If you're the type of investor who pays attention to momentum indicators, two materials stocks might be worth a closer look as we head toward year-end. Not because they're screaming buys, but because they might be due for a breather.
The Relative Strength Index, or RSI for short, is one of those technical tools that compares how a stock performs on up days versus down days. Think of it as a temperature check for momentum. When the RSI climbs above 70, conventional wisdom says the stock is overbought and could be ripe for a pullback. Below 30? Oversold, potentially ready to bounce. It's not a crystal ball, but it gives traders a sense of whether a stock might be running too hot in the short term.

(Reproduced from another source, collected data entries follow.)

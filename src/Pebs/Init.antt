-- ===== src/Pebs/Init.antt =====
-- src/pebs.c: `pebs_init`, without the log file, the sample buffers of the kernel and the threads.
-- The pages that `calloc` gives are numbered in the order of the calls, and the buffers of the
-- rings are arguments.
pub mod Invariant
pub mod Whole
use hemem.Prelude.{
  ℕ, zero, suc, ◌+◌, ◌*◌, ◌/◌, Bool, true, false, Option, none, some, ltb, ◌^◌, if◌then◌else◌, List,
  Ptr, ◌>>=◌, add64,
}
use hemem.Ring
use hemem.Memory.Page.{Page, hugep, page_size, zero_page}
use hemem.Memory.Kernel.{Env}
use hemem.Memory.State.{State, set_page}
use hemem.Pebs.Lists.{dram_free_list, nvm_free_list, enqueue}
use hemem.Pebs.Scan.{set_pebs}

-- `CAPACITY` of src/pebs.h
abbrev pub ring_capacity : ℕ
ring_capacity = 134217728

-- The page for frame `i` of a device that starts at `base`.
abbrev pub frame_page : Bool → ℕ → ℕ → Page
frame_page dram base i = record zero_page {
  devdax_offset = add64 (i * page_size) base;
  in_dram = dram;
  pt = hugep;
}

-- `i++` of an `int`, which C leaves undefined at the largest one.
abbrev pub next_int : ℕ → Option ℕ
next_int i = if ltb (i + 1) (2 ^ 31) then some (i + 1) else none

module _ {Table : Type 0} where
  -- The loop over the frames of a device from frame `i`, `left` of them; frame `i` is given to
  -- page `first + i`.
  unfoldable pub add_frames : Bool → ℕ → ℕ → ℕ → ℕ → ℕ → State Table → Option (State Table)
  add_frames dram list base first zero i s = some s
  add_frames dram list base first (suc left) i s = do
    let p = first + i
    s ← enqueue list p (set_page s p (frame_page dram base i))
    i ← next_int i
    add_frames dram list base first left i s

  unfoldable pub init_rings : List Ptr → List Ptr → List Ptr → State Table → Option (State Table)
  init_rings b1 b2 b3 s = do
    h ← Ring.init b1 ring_capacity
    c ← Ring.init b2 ring_capacity
    f ← Ring.init b3 ring_capacity
    some (set_pebs s (record (s.pebs) { hot_ring = h; cold_ring = c; free_page_ring = f }))

module _ (e : Env) where
  unfoldable pub pebs_init :
      List Ptr → List Ptr → List Ptr → State e.table.Table → Option (State e.table.Table)
  pebs_init b1 b2 b3 s = do
    let fast = e.dramsize / page_size
    let slow = e.nvmsize / page_size
    s ← add_frames true dram_free_list e.dramoffset 0 fast 0 s
    s ← add_frames false nvm_free_list e.nvmoffset fast slow 0 s
    init_rings b1 b2 b3 s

As of December 19, 2025, two companies in the materials sector are flashing those overbought signals. Here's what's going on.
Freeport-McMoRan Inc. (FCX)
The copper and gold mining giant has been on a tear lately. Shares jumped roughly 16% over the past month, pushing the stock close to its 52-week high of $49.12. That momentum has driven the RSI to 71.3, just above that overbought threshold.

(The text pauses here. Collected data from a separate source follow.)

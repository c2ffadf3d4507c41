-- ===== src/Lru/Interface.antt =====
-- The policy of src/policies/lru.c as the policy that src/hemem.c calls (ALLOC_LRU in src/hemem.h),
-- and `lru_init` without the threads.
use hemem.Prelude.{
  ℕ, suc, none, some, ◌+◌, ◌/◌, ◌≤◌, ◌≡◌, refl, ap, ◌∙◌, true, false, Option, Ptr, arith, is_null,
  ◌>>=◌, Returns, mono,
}
use hemem.Fifo.Moves.{entries}
use hemem.Memory.Page.{Page, hugep, page_size}
use hemem.Memory.Kernel.{Env}
use hemem.Memory.State.{State}
use hemem.Hemem.Policy.{Policy, Laws, Given, Returned, Settled}
use hemem.Pebs.Lists.{list_of}
use hemem.Pebs.Init.{add_frames}
use hemem.Lru.Lists.{lru_dram_free_list, lru_nvm_free_list}
use hemem.Lru.Policy.{lru_allocate_page, lru_remove_page}
use hemem.Lru.Invariant.{LruInv, LruFits}
use hemem.Lru.Give.{lru_allocate_page_lem, lru_remove_page_lem}

module _ (e : Env) where
  abbrev S : Type 0
  S = State e.table.Table

  unfoldable pub lru_init : S → Option S
  lru_init s = do
    let fast = e.dramsize / page_size
    let slow = e.nvmsize / page_size
    s ← add_frames true lru_dram_free_list e.dramoffset 0 fast 0 s
    add_frames false lru_nvm_free_list e.nvmoffset fast slow 0 s

  -- `lru_pagefault` is `lru_allocate_page` under the global lock.
  abbrev pub lru_policy : Policy e
  lru_policy = record { pagefault = lru_allocate_page; remove_page = lru_remove_page }

  -- `free` pages are free, and no scan is running.
  pub record LruReady (free room : ℕ) (s : S) : Type 0 where
    pub total : ℕ
    pub inv : LruInv e total s
    pub stock : free ≤ entries s.store lru_dram_free_list + entries s.store lru_nvm_free_list
    pub quiet : s.lru.in_kscand ≡ false

  pub pagefault_Ready :
      (f r : ℕ) (s : S)
      → LruReady (suc f) r s
      → Returns (λ (p, s'). LruReady f r s' × Given p s s') (lru_allocate_page s)
  pagefault_Ready f r s g =
      mono (lru_allocate_page_lem g.inv (omega (arith, g.stock))) λ (p, s') (inv, a). (
        record {
          total = g.total;
          inv = inv;
          stock = ground (
            arith,
            g.stock,
            a.now.count lru_dram_free_list,
            a.now.count lru_nvm_free_list,
            a.was,
          );
          quiet = ap (λ t. t.lru.in_kscand) a.now.rest ∙ g.quiet;
        },
        record {
          fresh = a.unused;
          page = a.now.page;
          pages = ap (λ t. t.pages) a.now.rest;
          stats = ap (λ t. t.stats) a.now.rest;
          calls = ap (λ t. t.calls) a.now.rest;
          cr3_set = ap (λ t. t.cr3_set) a.now.rest;
        },
      )

  pub remove_Ready :
      (f r p : ℕ) (s : S)
      → LruReady f (suc r) s
      → (s.page p).present ≡ true
      → Returns (λ s'. LruReady f r s' × Returned p s s') (lru_remove_page p s)
  remove_Ready f r p s g live =
      mono (lru_remove_page_lem g.inv p g.quiet ((g.inv.fits p).live live)) λ s' (inv, c). (
        record {
          total = g.total;
          inv = inv;
          stock = ground (
            arith,
            g.stock,
            c.count lru_dram_free_list,
            c.count lru_nvm_free_list,
            (g.inv.fits p).used lru_dram_free_list,
            (g.inv.fits p).used lru_nvm_free_list,
          );
          quiet = ap (λ t. t.lru.in_kscand) c.rest ∙ g.quiet;
        },
        record {
          gone = ground (arith, c.page p);
          type = ground (arith, c.page p);
          page = λ q o. ground (arith, c.page q);
          pages = ap (λ t. t.pages) c.rest;
          stats = ap (λ t. t.stats) c.rest;
          calls = ap (λ t. t.calls) c.rest;
        },
      )

  Settled-LruFits :
      (l : Ptr) (pg pg' : Page)
      → pg' ≡ record pg {
        va = pg'.va;
        migrating = pg'.migrating;
        migrations_up = pg'.migrations_up;
        migrations_down = pg'.migrations_down;
      }
      → LruFits e l pg
      → LruFits e l pg'
  Settled-LruFits l pg pg' same f = rw same (record {
    known = f.known;
    tier = f.tier;
    live = f.live;
    used = f.used;
    placed = f.placed;
    huge = f.huge;
  })

  pub Settled-LruReady : (f r : ℕ) (s s' : S) → LruReady f r s → Settled s s' → LruReady f r s'
  Settled-LruReady f r s s' g c = record {
    total = g.total;
    inv = record {
      well = rw c.store g.inv.well;
      count = rw c.store g.inv.count;
      small = g.inv.small;
      fits = λ q.
          rw c.store
            (Settled-LruFits (list_of s q) (s.page q) (s'.page q) (c.page q) (g.inv.fits q));
      apart = λ q r a b d o.
          g.inv.apart q r (ground (arith, c.store)) (ground (arith, c.store))
            (ground (arith, c.page q, c.page r)) (ground (arith, c.page q, c.page r));
    };
    stock = rw c.store g.stock;
    quiet = rw c.lru g.quiet;
  }

  pub LruReady-huge :
      (f r p : ℕ) (s : S) → LruReady f r s → (s.page p).present ≡ true → (s.page p).pt ≡ hugep
  LruReady-huge f r p s g live = go (list_of s p) refl ((g.inv.fits p).live live)
    where
      go : (l : Ptr) → list_of s p ≡ l → is_null l ≡ false → (s.page p).pt ≡ hugep
      go none at_l on = absurd (ground arith)
      go (some l) at_l on = (g.inv.fits p).huge l at_l

  -- What src/hemem.c relies on holds of this policy too.
  unfoldable pub lru_laws : Laws e lru_policy
  lru_laws = record {
    Good = LruReady;
    pagefault_lem = pagefault_Ready;
    remove_page_lem = remove_Ready;
    settle = Settled-LruReady;
    huge = LruReady-huge;
  }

Interestingly, analyst sentiment remains bullish. On December 12, UBS analyst Daniel Major maintained a Buy rating on Freeport-McMoRan and actually raised his price target from $55 to $60. So while the technical indicators suggest caution, the fundamental outlook still looks solid.
Shares rose 0.2% to close at $47.92 on Thursday. The stock also earned a momentum score of 72.67 and a value score of 60.44 in Edge Stock Ratings.
Alcoa Corp (AA)
The aluminum producer has had an even more dramatic run, with shares surging about 31% over the past month. That rally pushed Alcoa to an RSI of 72.8, the higher of the two overbought readings.

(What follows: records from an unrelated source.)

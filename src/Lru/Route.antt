-- ===== src/Lru/Route.antt =====
-- Where a scan of src/policies/lru.c sends one page, as a function of the page and of its bits, and
-- that the bodies of the three loops do just that.
use hemem.Prelude.{
  ℕ, suc, ◌%◌, ◌<◌, ◌^◌, ◌≡◌, refl, Bool, true, false, none, List, [], ◌∷◌, ◌++◌, arith, length,
  ltb, leb, ◌==◌, if◌then◌else◌, add64, update, Returns, returns, bind, Bool-cases, inl, inr,
  ==_refl,
}
use mathlib.Core.List.{append-nil}
use hemem.Fifo.Rep.{Rep}
use hemem.Fifo.Insert.{enqueue_fifo_refines}
use hemem.Memory.Page.{Page, hugepage_size}
use hemem.Memory.Kernel.{Call, uffd_get_flag, ok, Os, Env}
use hemem.Memory.State.{State}
use hemem.Pebs.Lists.{list_of, enqueue}
use hemem.Lru.Scan.{
  max_vas, accessed, dirty, note, hemem_get_bits, shrink_page, expand_page, check_page,
}

-- A list, what the page becomes, and whether its bits are to be cleared.
pub record Route : Type 0 where
  pub list : ℕ
  pub page : Page
  pub noted : Bool

abbrev pub route_to : ℕ → Page → Bool → Route
route_to l x b = record { list = l; page = x; noted = b }

-- The bits that the kernel reports of an address do not change during the scan.
abbrev pub Shows : Os → (ℕ → ℕ) → Type 0
Shows os bits = (before : List Call) (va : ℕ) → os before (uffd_get_flag va) ≡ ok (bits va)

module _ (bits : ℕ → ℕ) (active inactive written : ℕ) where
  abbrev pub shrink_route : Page → Route
  shrink_route x =
      if accessed (bits x.va)
      then (if dirty (bits x.va)
          then route_to written (record x { written = true }) true
          else route_to active (record x { written = false }) true)
      else route_to inactive (record x { naccesses = 0 }) false

  abbrev pub expand_route : Page → Route
  expand_route x =
      if accessed (bits x.va)
      then (if dirty (bits x.va)
          then route_to written (record x { written = true }) false
          else (if leb 4 x.naccesses
              then route_to active (record x { written = false; naccesses = 0 }) false
              else route_to inactive (record x { written = false; naccesses = add64 x.naccesses 1 })
                  true))
      else route_to inactive (record x { naccesses = 0 }) false

  abbrev pub check_route : Page → Route
  check_route x =
      if accessed (bits x.va)
      then (if dirty (bits x.va)
          then route_to written (record x { written = true }) true
          else route_to active (record x { written = false }) false)
      else route_to inactive x false

abbrev pub noted_va : Bool → Page → List ℕ
noted_va b x = if b then x.va ∷ [] else []

module _ {Table : Type 0} where
  -- Page `p` came on the list of route `r`, and became the page of the route; its address is noted
  -- if the route says so.
  pub record Routed (L : ℕ → List ℕ) (p : ℕ) (r : Route) (s s' : State Table) : Type 0 where
    pub rep : Rep s'.store (update L r.list (p ∷ L r.list))
    pub page : (q : ℕ) → s'.page q ≡ (if q == p then r.page else s.page q)
    pub vas : s'.lru.vas ≡ s.lru.vas ++ noted_va r.noted (s.page p)
    pub rest : s' ≡ record s {
      store = s'.store;
      page = s'.page;
      lru = record (s.lru) { vas = s'.lru.vas };
      calls = s'.calls;
    }

  send :
      (L : ℕ → List ℕ) (p : ℕ) (r : Route) (s0 s : State Table)
      → Rep s.store L
      → list_of s p ≡ none
      → suc (length (L r.list)) < 2 ^ 64
      → ((q : ℕ) → s.page q ≡ (if q == p then r.page else s0.page q))
      → s.lru.vas ≡ s0.lru.vas ++ noted_va r.noted (s0.page p)
      → s ≡ record s0 {
        store = s.store;
        page = s.page;
        lru = record (s0.lru) { vas = s.lru.vas };
        calls = s.calls;
      }
      → Returns (Routed L p r s0) (enqueue r.list p s)
  unfolding enqueue
  send L p r s0 s rep off room pages vas rest =
      bind (enqueue_fifo_refines p r.list rep off room) λ m (rep', _).
        returns (record {
          rep = rep';
          page = pages;
          vas = vas;
          rest = λ i. record (rest i) { store = m };
        })

module _ (e : Env) (bits : ℕ → ℕ) (shows : Shows e.os bits) (active inactive written : ℕ)
    (L : ℕ → List ℕ) (p : ℕ) (s : State e.table.Table) (rep : Rep s.store L)
    (off : list_of s p ≡ none) (aligned : ((s.page p).va % hugepage_size == 0) ≡ true)
    (room : ltb (length s.lru.vas) max_vas ≡ true)
    (small : (k : ℕ) → suc (length (L k)) < 2 ^ 64) where
  -- Each body: the page ends on the list of its route, and is changed as the route says.
  pub shrink_page_lem :
      Returns
        (Routed L p (shrink_route bits active inactive written (s.page p)) s)
        (shrink_page e active inactive written p s)
  unfolding shrink_page hemem_get_bits note
  shrink_page_lem = elim (Bool-cases (accessed (bits (s.page p).va))) [
    | inr cold ↦
        simp (aligned, shows, cold)
          (send L p (route_to inactive (record (s.page p) { naccesses = 0 }) false) s _ rep off
            (small inactive) (λ q. ground arith) (simp append-nil refl) refl)
    | inl hit ↦ elim (Bool-cases (dirty (bits (s.page p).va))) [
      | inl wrote ↦
          simp (aligned, shows, hit, wrote, room)
            (send L p (route_to written (record (s.page p) { written = true }) true) s _ rep off
              (small written) (λ q. ground arith) (simp ==_refl refl) refl)
      | inr clean ↦
          simp (aligned, shows, hit, clean, room)
            (send L p (route_to active (record (s.page p) { written = false }) true) s _ rep off
              (small active) (λ q. ground arith) (simp ==_refl refl) refl)
    ]
  ]

  pub expand_page_lem :
      Returns
        (Routed L p (expand_route bits active inactive written (s.page p)) s)
        (expand_page e active inactive written p s)
  unfolding expand_page hemem_get_bits note
  expand_page_lem = elim (Bool-cases (accessed (bits (s.page p).va))) [
    | inr cold ↦
        simp (aligned, shows, cold)
          (send L p (route_to inactive (record (s.page p) { naccesses = 0 }) false) s _ rep off
            (small inactive) (λ q. ground arith) (simp append-nil refl) refl)
    | inl hit ↦ elim (Bool-cases (dirty (bits (s.page p).va))) [
      | inl wrote ↦
          simp (aligned, shows, hit, wrote)
            (send L p (route_to written (record (s.page p) { written = true }) false) s _ rep off
              (small written) (λ q. ground arith) (simp append-nil refl) refl)
      | inr clean ↦ elim (Bool-cases (leb 4 (s.page p).naccesses)) [
        | inl often ↦
            simp (aligned, shows, hit, clean, ==_refl, often)
              (send L p
                (route_to active (record (s.page p) { written = false; naccesses = 0 }) false) s _
                rep off (small active) (λ q. ground arith) (simp append-nil refl) refl)
        | inr seldom ↦
            simp (aligned, shows, hit, clean, ==_refl, seldom, room)
              (send L p
                (route_to inactive
                  (record (s.page p) { written = false; naccesses = add64 (s.page p).naccesses 1 })
                  true)
                s _ rep off (small inactive) (λ q. ground arith) refl refl)
      ]
    ]
  ]

  pub check_page_lem :
      Returns
        (Routed L p (check_route bits active inactive written (s.page p)) s)
        (check_page e active inactive written p s)
  unfolding check_page hemem_get_bits note
  check_page_lem = elim (Bool-cases (accessed (bits (s.page p).va))) [
    | inr cold ↦
        simp (aligned, shows, cold)
          (send L p (route_to inactive (s.page p) false) s _ rep off (small inactive)
            (λ q. ground arith) (simp append-nil refl) refl)
    | inl hit ↦ elim (Bool-cases (dirty (bits (s.page p).va))) [
      | inl wrote ↦
          simp (aligned, shows, hit, wrote, room)
            (send L p (route_to written (record (s.page p) { written = true }) true) s _ rep off
              (small written) (λ q. ground arith) (simp ==_refl refl) refl)
      | inr clean ↦
          simp (aligned, shows, hit, clean)
            (send L p (route_to active (record (s.page p) { written = false }) false) s _ rep off
              (small active) (λ q. ground arith) (simp append-nil refl) refl)
    ]
  ]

Like Freeport-McMoRan, Alcoa also received attention from UBS analyst Daniel Major on December 12. He maintained a Neutral rating but raised his price target from $42 to $48. Shares closed Thursday at $48.18, up 2.9%, and are now trading very close to the 52-week high of $48.73.
For momentum traders, these elevated RSI readings don't necessarily mean sell immediately. They're more like yellow flags suggesting these stocks have had strong runs and might need to consolidate before moving higher. Of course, in markets driven by strong fundamentals or sector tailwinds, stocks can stay overbought longer than you'd expect. But if you're considering jumping in now, it might be worth waiting for a cooler entry point.